Bars remain under full closure orders in more than a half-dozen states, including hard-hit ones like Texas.  As a result, hundreds of bar owners in Texas have now ramped up kitchens in order to legally operate as restaurants.

In Texas, where three in four of the state’s 13,400 deaths blamed on Covid-19 have occurred since July, the infection rate has now dipped below the 10% positivity rate that Republican Gov. Greg Abbott had set as one criteria for letting bars back in business.

He has teased that an another announcement about next steps in re-opening could come as early as this week, which won't come soon enough for the right wing of his party, which for months has blasted him over the lockdowns and a statewide mask mandate.

The decision is dicey for the governor who, pressure from bar owners aside, has faced less blowback from keeping bars shut than other sectors. Polls show about half of Americans favored requiring bars and restaurants to close when cases surged, and experts say the high risks of bars are by now proven — the combination of cozy spaces, loud music forcing people to lean in close and rounds of drinks relaxing even the best intentions to social distance.

Videos of crowded clubs have made bars avatars of rowdy rule-breakers, the ones ruining a return to normal for the rest of us.

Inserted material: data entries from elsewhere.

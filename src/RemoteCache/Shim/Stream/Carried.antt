-- ===== src/RemoteCache/Shim/Stream/Carried.antt =====
-- What `ByteStream` carries: the window asked for of bytes that have the hash named, and an upload that
-- makes its digest.
use tine.Base.{
  ℕ, ◌^◌, ◌≡◌, refl, sym, ap, ◌∙◌, subst, inl, inr, Bool, true, false, Option, none, some, List, [],
  ◌∷◌, Bytes, length, All, arith, Bool-cases,
}
use tine.RemoteCache.Outcome.{Raised, Result, ok, is_value_error}
use tine.RemoteCache.Exec.{continue-eq-ok, handled, handled-eq-ok}
use tine.RemoteCache.Reapi.Digest.{Digest}
use tine.RemoteCache.Reapi.Stream.{ReadRequest, ReadResponse, WriteRequest}
use tine.RemoteCache.Store.Blobs.{put_blob}
use tine.RemoteCache.Store.Reads.{put_blobs-eq-ok}
use tine.RemoteCache.Shim.State.{Setup, Shim, on_store, count, accepts_uploads}
use tine.RemoteCache.Shim.Stream.Chunks.{joined, IsWithin, chunks-join}
use tine.RemoteCache.Shim.Stream.Window.{IsWindow, window_of-IsWindow}
use tine.RemoteCache.Shim.Stream.Upload.{IsOpened, write_all-IsOpened}
use tine.RemoteCache.Shim.Local.{blob}
use tine.RemoteCache.Shim.Local.Presence.{blob-hashes}
use tine.RemoteCache.Shim.Stream.{
  resource_digest, chunk_size, window_of, write_all, invalid, sent, commit, write_accepted,
  read_stream, write_stream, chunks,
}

module _ (u : Setup) where
  -- Bytes of the digest that the resource names, in chunks that make the window asked for.
  pub record IsRead (request : ReadRequest) (rs : List ReadResponse) : Type 0 where
    pub digest : Digest
    pub names : resource_digest request.resource_name ≡ ok digest
    pub content : Bytes
    pub hashes : u.platform.sha256 content ≡ digest.hash
    pub window : IsWindow request content (joined rs)
    pub within : All (IsWithin (2 ^ 20)) rs

  sent-eq-ok :
      (request : ReadRequest) (found : Option Bytes) (s : Shim u.world.State)
      {rs : List ReadResponse}
      → (sent u request found s).0 ≡ ok rs
      → (content : Bytes) × (found ≡ some content)
        × (joined rs ≡ window_of request content)
        × All (IsWithin chunk_size) rs
  sent-eq-ok request none s h = absurd (cc)
  sent-eq-ok request (some content) s {rs} h =
      let same : chunks chunk_size (window_of request content) ≡ rs = cc in
      let (joins, within, one) = chunks-join chunk_size (window_of request content) (omega arith) in
      (content, refl, ap joined (sym same) ∙ joins, subst (All (IsWithin chunk_size)) same within)

  invalid-raises :
      {A B : Type 0} (e : Raised) (s : Shim u.world.State) {a : A} → (invalid u e s).0 ≡ ok a → B
  invalid-raises e s h = elim (Bool-cases (is_value_error e)) [
    | inl v ↦ absurd (let h' = rw v at h in cc)
    | inr v ↦ absurd (let h' = rw v at h in cc)
  ]

  caught-eq-ok :
      {A : Type 0} (r : Result A) (s : Shim u.world.State) {a : A}
      → (handled r (invalid u) s).0 ≡ ok a
      → r ≡ ok a
  caught-eq-ok r s h = elim (handled-eq-ok r (invalid u) s h) [
    | inl e ↦ e
    | inr (e, f, k) ↦ invalid-raises e s k
  ]

  -- What `read` streams, put together, is what stands behind the offset asked for in bytes that have
  -- the hash named: all of it where no limit is asked for, and else no more than the limit; and no
  -- chunk is longer than 2^20 bytes.
  pub read_stream-IsRead :
      (request : ReadRequest) (s : Shim u.world.State) {rs : List ReadResponse}
      → (read_stream u request s).0 ≡ ok rs
      → IsRead request rs
  unfolding read_stream
  read_stream-IsRead request s h =
      let named = resource_digest request.resource_name in
      let first = handled named (invalid u) s in
      let (digest, e, k) = continue-eq-ok first.0 _ first.1 h in
      let got = blob u digest first.1 in
      let (found, f, j) = continue-eq-ok got.0 (sent u request) got.1 k in
      let (content, g, window, within) = sent-eq-ok request found got.1 j in
      record {
        digest = digest;
        names = caught-eq-ok named s e;
        content = content;
        hashes = blob-hashes u digest first.1 (f ∙ ap (λ (o : Option Bytes). ok o) g);
        window = subst (IsWindow request content) (sym window) (window_of-IsWindow request content);
        within = within;
      }

  -- What the messages carry up to the one that finishes, under the digest that the first names.
  pub record IsWritten (requests : List WriteRequest) (size : ℕ) : Type 0 where
    pub digest : Digest
    pub all : Bytes
    pub upload : IsOpened requests digest all
    pub hashes : u.platform.sha256 all ≡ digest.hash
    pub sized : length all ≡ digest.size_bytes
    pub committed : length all ≡ size

  commit-IsWritten :
      (requests : List WriteRequest) (got : Option Digest × Bytes) (s : Shim u.world.State)
      {size : ℕ}
      → write_all none [] requests ≡ ok got
      → (commit u got s).0 ≡ ok (record { committed_size = size })
      → IsWritten requests size
  unfolding put_blob
  commit-IsWritten requests (none, all) s w h = absurd (cc)
  commit-IsWritten requests (some digest, all) s w h =
      let put = on_store u (put_blob u.platform digest all none) s in
      let stored = handled put.0 (invalid u) put.1 in
      let (nothing, e, k) = continue-eq-ok stored.0 _ stored.1 h in
      let filed =
        put_blobs-eq-ok u.platform ((digest, all) ∷ []) none s.store (caught-eq-ok put.0 put.1 e) in
      record {
        digest = digest;
        all = all;
        upload = write_all-IsOpened requests w;
        hashes = filed.0.0;
        sized = filed.0.1;
        committed = cc;
      }

  write_accepted-IsWritten :
      (b : Bool) (requests : List WriteRequest) (s : Shim u.world.State) {size : ℕ}
      → (write_accepted u b requests s).0 ≡ ok (record { committed_size = size })
      → IsWritten requests size
  unfolding count
  write_accepted-IsWritten false requests s h = absurd (cc)
  write_accepted-IsWritten true requests s h =
      let (got, e, k) = continue-eq-ok (write_all none [] requests) (commit u) s h in
      commit-IsWritten requests got s e k

  -- Where `write` returns: the first message starts at zero and names a digest; the contents of the
  -- messages, one behind the other up to the first that finishes the upload or else of all, have the
  -- hash and the size of that digest; and the size returned is theirs.
  pub write_stream-IsWritten :
      (requests : List WriteRequest) (s : Shim u.world.State) {size : ℕ}
      → (write_stream u requests s).0 ≡ ok (record { committed_size = size })
      → IsWritten requests size
  unfolding write_stream
  write_stream-IsWritten requests s h = write_accepted-IsWritten (accepts_uploads u) requests s h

“It’s way too soon. And it’s going to be too soon until we have a vaccine,” said Esmeralda Guajardo, the public health administrator in Cameron County on the Texas border, where hard-partying booze cruises on South Padre Island this summer drew fury from local officials.

Mark McClellan, former head of the Food and Drug Administration who has been advising Abbott on Texas’ reopening, said the first reopening of bars in Texas was too soon but can see a case for waiting for a vaccine as too long.

“This is part of our economy and there are jobs at stake," he said. “It's hard to reopen dance clubs and night clubs for similar kinds of reasons. If we're going to try it, we need to learn what went wrong from the June reopening."

McClellan said more enforcement of rules at bars is one step. Last month, some Texas bars hired a lobbying group and pledged to screen the temperature of every patron at the door, a step that would go father than restaurants.

“I've been to restaurants and seen my customers," said Greg Barrineau, who runs two bars in San Antonio called Drink Texas. “They haven't stopped drinking."